Boris Cheshirkov, a spokesperson for the UNHCR, said: “The shelters are particularly vital now with temperatures dropping at night and with the coming of winter.

Ikea refugee shelters in Kara Tepe refugee camp in Lesbos, Greece, in November 2015 (Lizzie Dearden)

“It’s absolutely essential for people to have a roof over their heads, although registration has improved and sped up considerably.”

German volunteers from a group called the Green Helmets are working to prepare the shelters for winter, with raised wooden flooring to keep the damp out and proofing against the rain.

Ikea and the UNHCR started the Better Shelter scheme earlier this year, hailing it as a “ground-breaking example of democratic design” to bring refugees safety and dignity.

Aid agencies started setting up the first of 10,000 units this summer and Ikea expects to increase its production over coming years.

The shelters arrive in cardboard boxes and can be assembled in a few hours without tools, with the help of an illustrated manual.

Asylum seekers sitting outside the Ikea shelters at Kara Tepe refugee camp in Lesbos, November 2015. (Lizzie Dearden)

Intended to sleep five people, they have windows, ventilation, a locking door and solar panel linking to an LED light and mobile phone charger.

Each shelter costs $1,150 (£773) and is intended to last for around three years.

At the peak of the refugee crisis earlier this year, families were sleeping on the bare ground or in tents on Lesbos as they waited for days to be registered so they could carry on their journey towards western Europe.

Ikea refugee shelters next to makeshift tents at the Moria refugee camp in Lesbos, Greece, in November 2015 (Lizzie Dearden)

But the backlog has been cleared and Mr Cheshirkov said that authorities now aim to house all refugees, mainly from Syria, Afghanistan and Iraq, in the shelters.

“There’s certainly competition when there are many people but we intervene to try and give families and vulnerable people priority,” he added. “The situation is improving considerably.”

Of almost 900,000 refugees and migrants who have arrived in Europe so far this year, the vast majority have entered through Greece, including 425,000 landing in Lesbos alone.

The vast numbers are finally showing signs of falling on the holiday island, from an average of 4,400 a day last month to between 1,000 and 3,000 daily over the past week.

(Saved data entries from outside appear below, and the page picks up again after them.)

-- ===== src/Memory/Dma/Counts.antt =====
-- What the counters of `DmaEngine` say of each operation.
use native.Mathlib.Nat.{div-add-mod, mul_comm}
use Prim.Native.String.{String}
use smart_nic.Base.{
  ℕ, zero, suc, ◌+◌, ◌*◌, ◌^◌, ◌<◌, ◌≡◌, ◌⊎◌, refl, true, false, List, arith, add64, inl, ap,
  length, ◌%◌, ◌/◌,
}
use smart_nic.Memory.Host.{HostMemoryResult, is_ok}
use smart_nic.Memory.Dma.{
  DmaEngine, DmaResult, done, succeeded, map_result, to_dma_error, count_error, write_beats,
  write_beat, count_burst_write, write_burst, begin_burst_write,
}

pub map_result-ok :
    (e : DmaEngine) (r : HostMemoryResult) (n : ℕ) (s : String)
    → is_ok r ≡ true
    → map_result e r n s ≡ (done n, e)
unfolding map_result
map_result-ok e r n s h = rw h

-- One access of `n` bytes either reports them and leaves the counters alone, or fails and is
-- counted as an error and as nothing else.
abbrev pub Access : DmaEngine → ℕ → DmaResult → DmaEngine → Type 0
Access e n r e' =
    ((r ≡ done n) × (e'.counters ≡ e.counters))
    ⊎ ((succeeded r ≡ false)
        × (e'.counters ≡ record (e.counters) { errors = add64 (e.counters.errors) 1 }))

pub map_result-Access :
    (e : DmaEngine) (host : HostMemoryResult) (n : ℕ) (s : String)
    → Access e n (map_result e host n s).0 (map_result e host n s).1
unfolding map_result succeeded count_error is_ok to_dma_error
map_result-Access e host n s = ground arith

-- What an operation that moves `n` bytes to the host, or fails, does to the counters.
abbrev pub WriteCounts : DmaEngine → ℕ → DmaResult → DmaEngine → Type 0
WriteCounts e n r e' =
    ((r ≡ done n)
      × (e'.counters.bytes_written ≡ add64 (e.counters.bytes_written) n)
      × (e'.counters.errors ≡ e.counters.errors))
    ⊎ ((succeeded r ≡ false)
        × (e'.counters.bytes_written ≡ e.counters.bytes_written)
        × (e'.counters.errors ≡ add64 (e.counters.errors) 1))

write_beat-Access :
    (address beat stride i : ℕ) (e : DmaEngine) (bytes : List ℕ)
    → let (r, e') = write_beat address beat stride i e bytes in Access e beat r e'
unfolding write_beat
write_beat-Access address beat stride i e bytes = map_result-Access _ _ beat "dma_write_burst"

write_beats-Counts :
    (address beat stride left i total : ℕ) (e : DmaEngine) (bytes : List ℕ)
    → total + left * beat < 2 ^ 64
    → let (r, e') = write_beats address beat stride left i total e bytes in
      WriteCounts e (total + left * beat) r e'
unfolding write_beats count_burst_write
write_beats-Counts address beat stride zero i total e bytes h =
    inl (ap done (omega arith), omega arith, refl)
write_beats-Counts address beat stride (suc left) i total e bytes h = ground (
  arith,
  write_beat-Access address beat stride i e bytes,
  write_beats-Counts address beat stride left (i + 1) (add64 total beat)
      (write_beat address beat stride i e bytes).1 bytes,
)

div-mul_exact : (n d : ℕ) → n % d ≡ 0 → n / d * d ≡ n
div-mul_exact n d h = omega (arith, div-add-mod n d, mul_comm d (n / d))

-- A burst write to the host of fewer than 2^64 bytes has one of two outcomes. Either it reports
-- exactly the bytes that it was given, adds them to `bytes_written` and adds no error; or it does
-- not report success, leaves `bytes_written` alone (also where earlier beats were written) and adds
-- one to `errors`.
pub write_burst-Counts :
    (e : DmaEngine) (address : ℕ) (bytes : List ℕ) (beat stride : ℕ)
    → length bytes < 2 ^ 64
    → let (r, e') = write_burst e address bytes beat stride in WriteCounts e (length bytes) r e'
unfolding write_burst begin_burst_write count_error succeeded
write_burst-Counts e address bytes beat stride h = ground (
  arith,
  div-mul_exact (length bytes) beat,
  write_beats-Counts address beat stride (length bytes / beat) 0 0 (begin_burst_write e) bytes,
)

The treacherous voyages have killed more than 3,500 people in the Mediterranean and Aegean Sea in 2015, including six children who drowned in two separate accidents off the Turkish coast on Friday.

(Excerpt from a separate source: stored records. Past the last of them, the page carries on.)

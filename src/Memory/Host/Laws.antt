-- ===== src/Memory/Host/Laws.antt =====
-- What a caller of the host memory may rely on.
use smart_nic.Base.{
  ℕ, ◌+◌, ◌≤◌, ◌⊎◌, ◌≡◌, ◌≢◌, refl, sym, ◌∙◌, ap, subst, true, Bool-cases, inl, inr, false, Option,
  none, some, List, length, slice, splice, arith, length-splice, splice_all, length-slice,
  slice-splice_self, slice-splice_before, slice-splice_after,
}
use smart_nic.Memory.Host.{
  SimpleHostMemory, HostMemoryResult, HostMemoryView, HostMemoryError, ok_none, Translated, denied,
  viewed, out_of_bounds, fault_injected, iommu_fault, is_ok, translate_view, read, write, read_view,
  write_view, in_buffer, map_bounds, injects, mapped, result,
}

-- A granted view lies inside the buffer and has the size that was asked for.
abbrev pub Granted : SimpleHostMemory → ℕ → Translated → Type 0
Granted m n (denied e) = e ≢ ok_none
Granted m n (viewed v) = (v.offset + v.size ≤ length m.buffer) × (v.size ≡ n)

in_buffer-Granted :
    (m : SimpleHostMemory) (offset n : ℕ) → Granted m n (in_buffer (length m.buffer) offset n)
unfolding in_buffer
in_buffer-Granted m offset n = ground arith

map_bounds-Granted :
    (m : SimpleHostMemory) (n : ℕ) (o : Option ℕ) → Granted m n (map_bounds (length m.buffer) n o)
unfolding map_bounds
map_bounds-Granted m n none = λ q. cc
map_bounds-Granted m n (some offset) = in_buffer-Granted m offset n

-- The host memory never grants an access outside its buffer: whatever the callbacks answer, a
-- translation is either refused with an error, or a view of exactly the bytes asked for that ends
-- inside the buffer.
pub translate_view-Granted :
    (m : SimpleHostMemory) (address n : ℕ) → Granted m n (translate_view m address n)
unfolding translate_view
translate_view-Granted m address n = elim (Bool-cases (injects m.fault_injector address n)) [
  | inl e ↦ rw e (λ q. cc)
  | inr e ↦ rw e (map_bounds-Granted m n (mapped m.translator address n))
]

-- Translation reads no byte, only the buffer's size.
pub translate_view-set :
    (m : SimpleHostMemory) (b : List ℕ) (address n : ℕ)
    → length b ≡ length m.buffer
    → translate_view (record m { buffer = b }) address n ≡ translate_view m address n
unfolding translate_view
translate_view-set m b address n e = rw e

-- What `read` and `write` do with the view that they get.
pub read-denied :
    (m : SimpleHostMemory) (address : ℕ) (out : List ℕ) (e : HostMemoryError)
    → translate_view m address (length out) ≡ denied e
    → read m address out ≡ (record { error = e; bytes_processed = 0 }, out)
unfolding read result
read-denied m address out e h = rw (h, read_view)

pub write-denied :
    (m : SimpleHostMemory) (address : ℕ) (ds : List ℕ) (e : HostMemoryError)
    → translate_view m address (length ds) ≡ denied e
    → write m address ds ≡ (record { error = e; bytes_processed = 0 }, m)
unfolding write result
write-denied m address ds e h = rw (h, write_view)

module _ (m : SimpleHostMemory) (address n : ℕ) (v : HostMemoryView)
    (h : translate_view m address n ≡ viewed v) where
  pub viewed-Granted : Granted m n (viewed v)
  viewed-Granted = subst (Granted m n) h (translate_view-Granted m address n)

  pub read-viewed :
      (out : List ℕ)
      → length out ≡ n
      → read m address out
        ≡ (record { error = ok_none; bytes_processed = n }, slice m.buffer v.offset n)
  unfolding read result
  read-viewed out e =
      rw (e, h, read_view, viewed-Granted.1)
        (ap (λ b. (record { error = ok_none; bytes_processed = n }, b))
          (splice_all out (slice m.buffer v.offset n)
            (length-slice m.buffer v.offset n (omega (arith, viewed-Granted)) ∙ sym e)))

  pub write-viewed :
      (ds : List ℕ)
      → length ds ≡ n
      → write m address ds ≡ (
        record { error = ok_none; bytes_processed = n },
        record m { buffer = splice m.buffer v.offset ds },
      )
  unfolding write result
  write-viewed ds e = rw (e, h, write_view, viewed-Granted.1)

pub Translated-cases :
    (t : Translated)
    → ((e : HostMemoryError) × (t ≡ denied e)) ⊎ ((v : HostMemoryView) × (t ≡ viewed v))
Translated-cases (denied e) = inl (e, refl)
Translated-cases (viewed v) = inr (v, refl)

-- A refused translation carries an error, so its result is not ok.
pub denied-error :
    (m : SimpleHostMemory) (address n : ℕ) (e : HostMemoryError)
    → translate_view m address n ≡ denied e
    → e ≢ ok_none
denied-error m address n e h = subst (Granted m n) h (translate_view-Granted m address n)

error-not_ok :
    (e : HostMemoryError) → e ≢ ok_none → is_ok (record { error = e; bytes_processed = 0 }) ≡ false
unfolding is_ok
error-not_ok ok_none h = absurd (h refl)
error-not_ok out_of_bounds h = refl
error-not_ok iommu_fault h = refl
error-not_ok fault_injected h = refl

pub write-ok-viewed :
    (m : SimpleHostMemory) (address : ℕ) (ds : List ℕ)
    → is_ok (write m address ds).0 ≡ true
    → (v : HostMemoryView) × (translate_view m address (length ds) ≡ viewed v)
write-ok-viewed m address ds ok = elim (Translated-cases (translate_view m address (length ds))) [
  | inl (e, h) ↦ cc (
    ok,
    ap (λ (p : HostMemoryResult × SimpleHostMemory). is_ok p.0) (write-denied m address ds e h),
    error-not_ok e (denied-error m address (length ds) e h),
  )
  | inr p ↦ p
]

-- A write that reports success is read back in full by a read of as many bytes at the same
-- address, whatever the reader's buffer held, and the read reports success too.
pub read-write :
    (m : SimpleHostMemory) (address : ℕ) (ds out : List ℕ)
    → length out ≡ length ds
    → is_ok (write m address ds).0 ≡ true
    → read (write m address ds).1 address out
      ≡ (record { error = ok_none; bytes_processed = length ds }, ds)
read-write m address ds out same ok =
    let (v, h) = write-ok-viewed m address ds ok in
    let b : List ℕ = splice m.buffer v.offset ds in
    let g = viewed-Granted m address (length ds) v h in
    rw (write-viewed m address (length ds) v h ds refl) (
      read-viewed (record m { buffer = b }) address (length ds) v
        (translate_view-set m b address (length ds) (length-splice m.buffer v.offset ds) ∙ h) out
        same
      ∙ ap (λ c. (record { error = ok_none; bytes_processed = length ds }, c))
          (slice-splice_self m.buffer v.offset (length ds) ds refl (omega (arith, g))))

-- A write leaves the callbacks, the configuration and the buffer's size as they were, and changes
-- nothing when it fails; when it succeeds it changes no byte outside one block of as many bytes as
-- were given, which lies inside the buffer.
pub write_frame :
    (m : SimpleHostMemory) (address : ℕ) (ds : List ℕ)
    → let m' = (write m address ds).1 in
      (m'.translator ≡ m.translator)
      × (m'.fault_injector ≡ m.fault_injector)
      × (m'.config ≡ m.config)
      × (length m'.buffer ≡ length m.buffer)
      × ((is_ok (write m address ds).0 ≡ false) × (m' ≡ m)
          ⊎ ((offset : ℕ) × (offset + length ds ≤ length m.buffer)
              × ((a k : ℕ)
                  → (a + k ≤ offset) ⊎ (offset + length ds ≤ a)
                  → slice m'.buffer a k ≡ slice m.buffer a k)))
write_frame m address ds = elim (Translated-cases (translate_view m address (length ds))) [
  | inl (e, h) ↦
      rw (write-denied m address ds e h) (
        refl,
        refl,
        refl,
        refl,
        inl (error-not_ok e (denied-error m address (length ds) e h), refl),
      )
  | inr (v, h) ↦ rw (write-viewed m address (length ds) v h ds refl) (
    refl,
    refl,
    refl,
    length-splice m.buffer v.offset ds,
    inr (v.offset, omega (arith, viewed-Granted m address (length ds) v h), outside v.offset),
  )
]
  where
    outside :
        (offset a k : ℕ)
        → (a + k ≤ offset) ⊎ (offset + length ds ≤ a)
        → slice (splice m.buffer offset ds) a k ≡ slice m.buffer a k
    outside offset a k (inl h) = slice-splice_before m.buffer offset ds a k h
    outside offset a k (inr h) = slice-splice_after m.buffer offset ds a k h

Johan Karlsson, head of business development at Better Shelter, said the group would like to see Europe ensure refugees have a permanent home.

He added: “But as the current situation leads to many having to stay in transit camps during several halts of their distressful journey, we are pleased to be able to provide families with a moment of calm and safety.”

The shelters have so far been sent to countries including Ethiopia, Greece, Iraq, Macedonia and Nepal.